BRING YOUR OWN DEVICE
Also last fall Walmart rolled out Bring Your Own Device (BYOD) across its stores to allow hourly store employees to be able to access Walmart’s digital network when they are on the floor. Workers previously had to go to the back of the store to obtain a handheld device. Walmart said BYOD allows employees to download a suite of apps to their personal devices.

Walmart said because employees are using their own devices, the retailer would ensure their monthly phone bills were discounted, but declined to say how much. By using the suite of services in the app, the employee could clock-in to work and check company announcements.

“BYOD basically works just like our store devices. I can pop it open when a customer needs help, look up items and find where they are in the store. But with my phone, the apps are always on me. As soon as I clock in, I can see what notes have been assigned to me and start working on them right away,” said Spencer Schmidt, a sales floor employee at a Fort Smith supercenter, one of the first stores to test the program.

Walmart said employees need not worry about personal content on their phones being shared while the app is in use. Walmart said it can see the battery level, make and model of the phone, operating system in use, corporate email and data, storage usage, carrier and phone number. The retailer cannot see personal email or data, photos or videos, voicemail, texts, web activity, list of apps or location.

”There’s a lot of things I wish I had in stores that we have now,” said Shepherd. “We didn’t do a great job training before the Academy program. This is a great example of a great tool to see the whole picture of how a day or week should go as a department manager.”

SUITE OF APPS
Rissa Pittman, store manager at Walmart No. 5260 in Rogers, said the suite of apps is a great benefit to her. Aside from making her employees on the sales floor smarter and better equipped to provide faster service, Pittman said her favorite app is called “PlanIt.” Pittman said this the information hub allows everyone who works in the store to stay up-to-date on company announcements.

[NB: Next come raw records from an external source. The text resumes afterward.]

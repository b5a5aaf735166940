-- ===== src/ModelRouting/Resolved.antt =====
-- The models that a stack's roles get.
use orichum.Base.{
  String, true, false, not, all, ap, sym, ◌∙◌, ◌++◌, ◌≡◌, refl, Option, none, some, List, [], ◌∷◌,
  arith, In, contains, string_eq, find, find-eq_none, Option-cases, Bool-cases, inl, inr, ◌⊎◌,
  if◌then◌else◌,
}
use orichum.Base.Dict.{Dict, lookup}
use orichum.Base.Result.{ok, err}
use orichum.ModelRouting.{
  RoutingError, unavailable, missing_stack, Stack, StackDefinition, Routing, normalized, document,
  EffectiveStack, roles, first_available, candidates_of, by_role, select_agents, stack_name,
  effective, resolve_effective,
}

-- The first candidate that the catalogue has.
pub record IsFirst (catalogue candidates : List String) (m : String) : Type 0 where
  pub before : List String
  pub after : List String
  pub split : candidates ≡ before ++ m ∷ after
  pub none_before : all (λ c. not (contains catalogue c)) before ≡ true
  pub available : contains catalogue m ≡ true

first_available-IsFirst :
    (catalogue candidates : List String) (m : String)
    → first_available catalogue candidates ≡ some m
    → IsFirst catalogue candidates m
unfolding first_available
first_available-IsFirst catalogue [] m h = ground arith
first_available-IsFirst catalogue (c ∷ cs) m h = elim (Bool-cases (contains catalogue c)) [
  | inl e ↦
      let q : c ≡ m = ground arith in
      record {
        before = [];
        after = cs;
        split = ap (λ x. x ∷ cs) q;
        none_before = refl;
        available = ap (contains catalogue) (sym q) ∙ e;
      }
  | inr e ↦
      let f = first_available-IsFirst catalogue cs m (ground arith) in
      record {
        before = c ∷ f.before;
        after = f.after;
        split = ap (λ x. c ∷ x) f.split;
        none_before = ground (arith, f.none_before);
        available = f.available;
      }
]

-- Each of the given roles got the first candidate that the catalogue has, and no other role got
-- a model.
abbrev pub Resolved :
    List String → List String → Dict String (List String) → Dict String String → Type 0
Resolved catalogue [] agents [] = Unit
Resolved catalogue [] agents (e ∷ selected) = ⊥
Resolved catalogue (role ∷ rest) agents [] = ⊥
Resolved catalogue (role ∷ rest) agents ((r, m) ∷ selected) =
    (r ≡ role)
    × IsFirst catalogue (candidates_of role agents) m
    × Resolved catalogue rest agents selected

select_agents-Resolved :
    (name : String) (catalogue rest : List String) (agents : Dict String (List String))
    (selected : Dict String String)
    → select_agents name catalogue rest agents ≡ ok selected
    → Resolved catalogue rest agents selected
unfolding select_agents
select_agents-Resolved name catalogue [] agents [] h = tt
select_agents-Resolved name catalogue [] agents (e ∷ s) h = ground arith
select_agents-Resolved name catalogue (role ∷ rest) agents [] h = ground arith
select_agents-Resolved name catalogue (role ∷ rest) agents ((r, m) ∷ s) h = ground (
  arith,
  first_available-IsFirst catalogue (candidates_of role agents) m,
  select_agents-Resolved name catalogue rest agents s,
)

-- A document's stack has one candidate for its controller.
abbrev pub one_controller : Stack → StackDefinition
one_controller stack = record { controller = stack.controller ∷ []; agents = stack.agents }

-- A normalised stack's roles are the six.
abbrev pub six_roles : StackDefinition → StackDefinition
six_roles stack = record { controller = stack.controller; agents = by_role stack.agents }

-- The stack that a request for a routing's stack, or for its default, means.
abbrev pub name_of : Routing → Option String → String
name_of (normalized default stacks) requested = stack_name requested default
name_of (document doc) requested = stack_name requested doc.default_stack

abbrev pub stack_of : Routing → String → Option StackDefinition
stack_of (normalized default stacks) name = elim (lookup name stacks) [
  | none ↦ none
  | some stack ↦ some (six_roles stack)
]
stack_of (document doc) name = elim (lookup name doc.stacks) [
  | none ↦ none
  | some stack ↦ some (one_controller stack)
]

-- What the resolved stack says of the stack that was asked for.
pub record IsEffective (catalogue : List String) (name : String) (stack : StackDefinition)
    (e : EffectiveStack) : Type 0 where
  pub stack_name : e.stack_name ≡ name
  pub controller : IsFirst catalogue stack.controller e.controller
  pub candidates : e.candidates ≡ stack.agents
  pub agents : Resolved catalogue roles stack.agents e.agents

effective-IsEffective :
    (catalogue : List String) (name : String) (stack : StackDefinition) (e : EffectiveStack)
    → effective name catalogue (first_available catalogue stack.controller) stack.agents ≡ ok e
    → IsEffective catalogue name stack e
unfolding effective
effective-IsEffective catalogue name stack e h =
    elim (Option-cases (first_available catalogue stack.controller)) [
      | inl q ↦ ground (arith, q)
      | inr (m, q) ↦ ground (
        arith,
        q,
        first_available-IsFirst catalogue stack.controller m q,
        select_agents-Resolved name catalogue roles stack.agents e.agents,
      )
    ]

one_controller-first :
    (catalogue : List String) (c : String)
    → (if contains catalogue c then some c else none) ≡ first_available catalogue (c ∷ [])
unfolding first_available
one_controller-first catalogue c = refl

-- When a stack is resolved, it is one of the routing's, the requested one or else the default; its
-- controller and the model of each role are the first of their candidates that the catalogue has.
pub resolve_effective-ok :
    (routing : Routing) (catalogue : List String) (requested : Option String) (e : EffectiveStack)
    → resolve_effective routing catalogue requested ≡ ok e
    → (stack : StackDefinition) × (stack_of routing (name_of routing requested) ≡ some stack)
      × IsEffective catalogue (name_of routing requested) stack e
unfolding resolve_effective first_available
resolve_effective-ok (normalized default stacks) catalogue requested e h =
    elim (Option-cases (lookup (stack_name requested default) stacks)) [
      | inl q ↦ ground (arith, q)
      | inr (stack, q) ↦ (
        six_roles stack,
        rw (q, stack_of) refl,
        effective-IsEffective catalogue _ (six_roles stack) e (rw (q, resolve_effective) at h),
      )
    ]
resolve_effective-ok (document doc) catalogue requested e h =
    elim (Option-cases (lookup (stack_name requested doc.default_stack) doc.stacks)) [
      | inl q ↦ ground (arith, q)
      | inr (stack, q) ↦ (
        one_controller stack,
        rw (q, stack_of) refl,
        effective-IsEffective catalogue _ (one_controller stack) e (rw (q, resolve_effective) at h),
      )
    ]

-- No candidate is in the catalogue.
abbrev pub NoneAvailable : List String → List String → Type 0
NoneAvailable catalogue candidates = (c : String) → In c candidates → contains catalogue c ≡ false

-- The role is one of `rest`, and the catalogue has none of its candidates.
abbrev pub IsStuck : List String → List String → Dict String (List String) → String → Type 0
IsStuck catalogue rest agents role =
    In role rest × NoneAvailable catalogue (candidates_of role agents)

select_agents-err :
    (name : String) (catalogue rest : List String) (agents : Dict String (List String))
    (x : RoutingError)
    → select_agents name catalogue rest agents ≡ err x
    → (role : String) × (x ≡ unavailable name role) × IsStuck catalogue rest agents role
unfolding select_agents first_available
select_agents-err name catalogue [] agents x h = ground arith
select_agents-err name catalogue (role ∷ rest) agents x h =
    elim (Option-cases (find (contains catalogue) (candidates_of role agents))) [
      | inl q ↦ (
        role,
        ground (arith, q),
        (inl refl, find-eq_none (contains catalogue) (candidates_of role agents) q),
      )
      | inr (m, q) ↦
          let (r, e, (i, n)) = select_agents-err name catalogue rest agents x (ground (arith, q)) in
          (r, e, (inr i, n))
    ]

-- Why a stack is not resolved.
abbrev pub IsUnavailable : List String → String → StackDefinition → RoutingError → Type 0
IsUnavailable catalogue name stack x =
    ((x ≡ unavailable name "controller") × NoneAvailable catalogue stack.controller)
    ⊎ ((role : String) × (x ≡ unavailable name role) × IsStuck catalogue roles stack.agents role)

effective-err :
    (catalogue : List String) (name : String) (stack : StackDefinition) (x : RoutingError)
    → effective name catalogue (first_available catalogue stack.controller) stack.agents ≡ err x
    → IsUnavailable catalogue name stack x
unfolding effective first_available
effective-err catalogue name stack x h =
    elim (Option-cases (find (contains catalogue) stack.controller)) [
      | inl q ↦ inl (ground (arith, q), find-eq_none (contains catalogue) stack.controller q)
      | inr (m, q) ↦ inr (select_agents-err name catalogue roles stack.agents x (ground (arith, q)))
    ]

-- A request fails only when the routing has no such stack, or when the catalogue has no candidate
-- of the stack's controller or of the role that the error names.
pub resolve_effective-err :
    (routing : Routing) (catalogue : List String) (requested : Option String) (x : RoutingError)
    → resolve_effective routing catalogue requested ≡ err x
    → ((stack_of routing (name_of routing requested) ≡ none)
        × (x ≡ missing_stack (name_of routing requested)))
      ⊎ ((stack : StackDefinition) × (stack_of routing (name_of routing requested) ≡ some stack)
          × IsUnavailable catalogue (name_of routing requested) stack x)
unfolding resolve_effective first_available
resolve_effective-err (normalized default stacks) catalogue requested x h =
    elim (Option-cases (lookup (stack_name requested default) stacks)) [
      | inl q ↦ inl (rw (q, stack_of) refl, ground (arith, q))
      | inr (stack, q) ↦ inr (
        six_roles stack,
        rw (q, stack_of) refl,
        effective-err catalogue _ (six_roles stack) x (rw (q, resolve_effective) at h),
      )
    ]
resolve_effective-err (document doc) catalogue requested x h =
    elim (Option-cases (lookup (stack_name requested doc.default_stack) doc.stacks)) [
      | inl q ↦ inl (rw (q, stack_of) refl, ground (arith, q))
      | inr (stack, q) ↦ inr (
        one_controller stack,
        rw (q, stack_of) refl,
        effective-err catalogue _ (one_controller stack) x (rw (q, resolve_effective) at h),
      )
    ]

“Running a Walmart store takes a lot of skill,” Pittman said, “and PlanIt gets us organized, prioritized and connected.”

She said PlanIt helps store managers focus on efficiency as they can help notify department managers of projects that need to be addressed and specific tasks required. She the Receiving app gives employees transparency into which products are on a specific truck, eliminating the need to manually review the manifest which takes more time.

“One of the biggest parts of great customer service is making sure the right merchandise is on the shelf when customers need it,” Pittman said. “This entire process, and making sure that it’s done right, starts in the backroom.”

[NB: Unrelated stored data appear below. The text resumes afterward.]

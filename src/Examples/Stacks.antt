-- ===== src/Examples/Stacks.antt =====
-- The routing document's theorems at one stack.
use orichum.Base.{String, ◌≡◌, ◌⊎◌, refl, none, some, List, [], ◌∷◌, string_eq, nat_eq, pos, map}
use orichum.Base.Dict.{Dict, lookup, insert, has_key}
use orichum.Base.Result.{ok, err}
use orichum.Base.Text.{matches, is_lower, is_upper, is_digit, is_alnum, size, every}
use orichum.Json.{Json, int, str, object, array, has_exactly, item}
use orichum.Account.Registry.{distinct}
use orichum.ModelRouting
use orichum.ModelRouting.{
  RoutingError, Stack, Document, StackDefinition, Routing, document, EffectiveStack, unavailable,
  missing_stack, is_stack_name, is_model_id, exact_object, validate_stack_name, validate_model_id,
  validate_models, role_candidates, normalize_agents, agents_of, validate_stack, validate_stacks,
  stacks_of, is_version_1, validate_routing_document, first_available, candidates_of, select_agents,
  stack_name, effective, resolve_effective,
}
use orichum.ModelRouting.Resolved.{
  IsEffective, IsUnavailable, name_of, stack_of, resolve_effective-ok, resolve_effective-err,
}

abbrev models : List Json
models = str "gpt" ∷ str "opus" ∷ []

-- A legacy stack: it has no planning advisor.
abbrev raw : Json
raw = object (
    ("schemaVersion", int (pos 1))
    ∷ ("defaultStack", str "main")
    ∷ (
      "stacks",
      object (
          (
            "main",
            object (
                ("controller", str "opus")
                ∷ (
                  "agents",
                  object (
                      ("repository-explorer", array models)
                      ∷ ("repository-verifier", array models)
                      ∷ ("correctness-critic", array models)
                      ∷ ("architecture-advisor", array models)
                      ∷ ("implementation-worker", array models)
                      ∷ []),
                )
                ∷ []),
          )
          ∷ []),
    )
    ∷ [])

abbrev of_roles : {A : Type 0} → A → Dict String A
of_roles a = map (λ r. (r, a)) ModelRouting.roles

abbrev parsed : Document
parsed = record {
  default_stack = "main";
  stacks = ("main", record { controller = "opus"; agents = of_roles ("gpt" ∷ "opus" ∷ []) }) ∷ [];
}

accepted : validate_routing_document raw ≡ ok parsed
unfolding validate_routing_document validate_stacks validate_stack validate_stack_name
    validate_model_id validate_models role_candidates normalize_agents agents_of stacks_of
    is_version_1 exact_object is_stack_name is_model_id matches is_lower is_upper is_digit is_alnum
    size every distinct has_exactly item lookup insert has_key string_eq nat_eq
accepted = refl

abbrev chosen : EffectiveStack
chosen = record {
  stack_name = "main";
  controller = "opus";
  candidates = of_roles ("gpt" ∷ "opus" ∷ []);
  agents = of_roles "opus";
}

resolved : resolve_effective (document parsed) ("opus" ∷ []) none ≡ ok chosen
unfolding resolve_effective effective select_agents candidates_of first_available stack_name lookup
    string_eq
resolved = refl

resolve_effective-ok_example :
    (stack : StackDefinition) × (stack_of (document parsed) (name_of (document parsed) none)
      ≡ some stack)
    × IsEffective ("opus" ∷ []) (name_of (document parsed) none) stack chosen
resolve_effective-ok_example =
    resolve_effective-ok (document parsed) ("opus" ∷ []) none chosen resolved

refused :
    resolve_effective (document parsed) ("gpt" ∷ []) none ≡ err (unavailable "main" "controller")
unfolding resolve_effective effective stack_name lookup string_eq
refused = refl

resolve_effective-err_example :
    ((stack_of (document parsed) (name_of (document parsed) none) ≡ none)
      × (unavailable "main" "controller" ≡ missing_stack (name_of (document parsed) none)))
    ⊎ ((stack : StackDefinition) × (stack_of (document parsed) (name_of (document parsed) none)
          ≡ some stack)
        × IsUnavailable
            ("gpt" ∷ [])
            (name_of (document parsed) none)
            stack
            (unavailable "main" "controller"))
resolve_effective-err_example =
    resolve_effective-err (document parsed) ("gpt" ∷ []) none (unavailable "main" "controller")
      refused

Pittman also likes the Downstock app which tracks the inventory at the shelf level throughout the day. The robotic Bossa Nova shelf inventory scanner identifies low inventory or out-of-stocks and sends that information to employees through the Downstock app. Pittman said there are apps to speed up price changes and increase price accuracy. The Availability app gives employees insight into how their store is performing. It tracks out-of-stocks, specifically the exact time it occurred. This lets employees compare the store’s performance before and after the outs occur and determine its root cause — staffing issues, shelf capacity or product availability.

“Our leadership tells us all the time that we should feel empowered to become merchants in our stores,” Pittman said. “The Availability app helps associates understand their merchandise and their customers better.”

Other applications used in stores include the Sales app which gives real time sales numbers so employees can compares against the previous year, as well as a Claims app that removes the guesswork of managing returned products. Pittman said the Claims app helps stores reduce waste because they know which items can be donated to food shelters and it helps the retailer stay in compliance with its health and safety standards.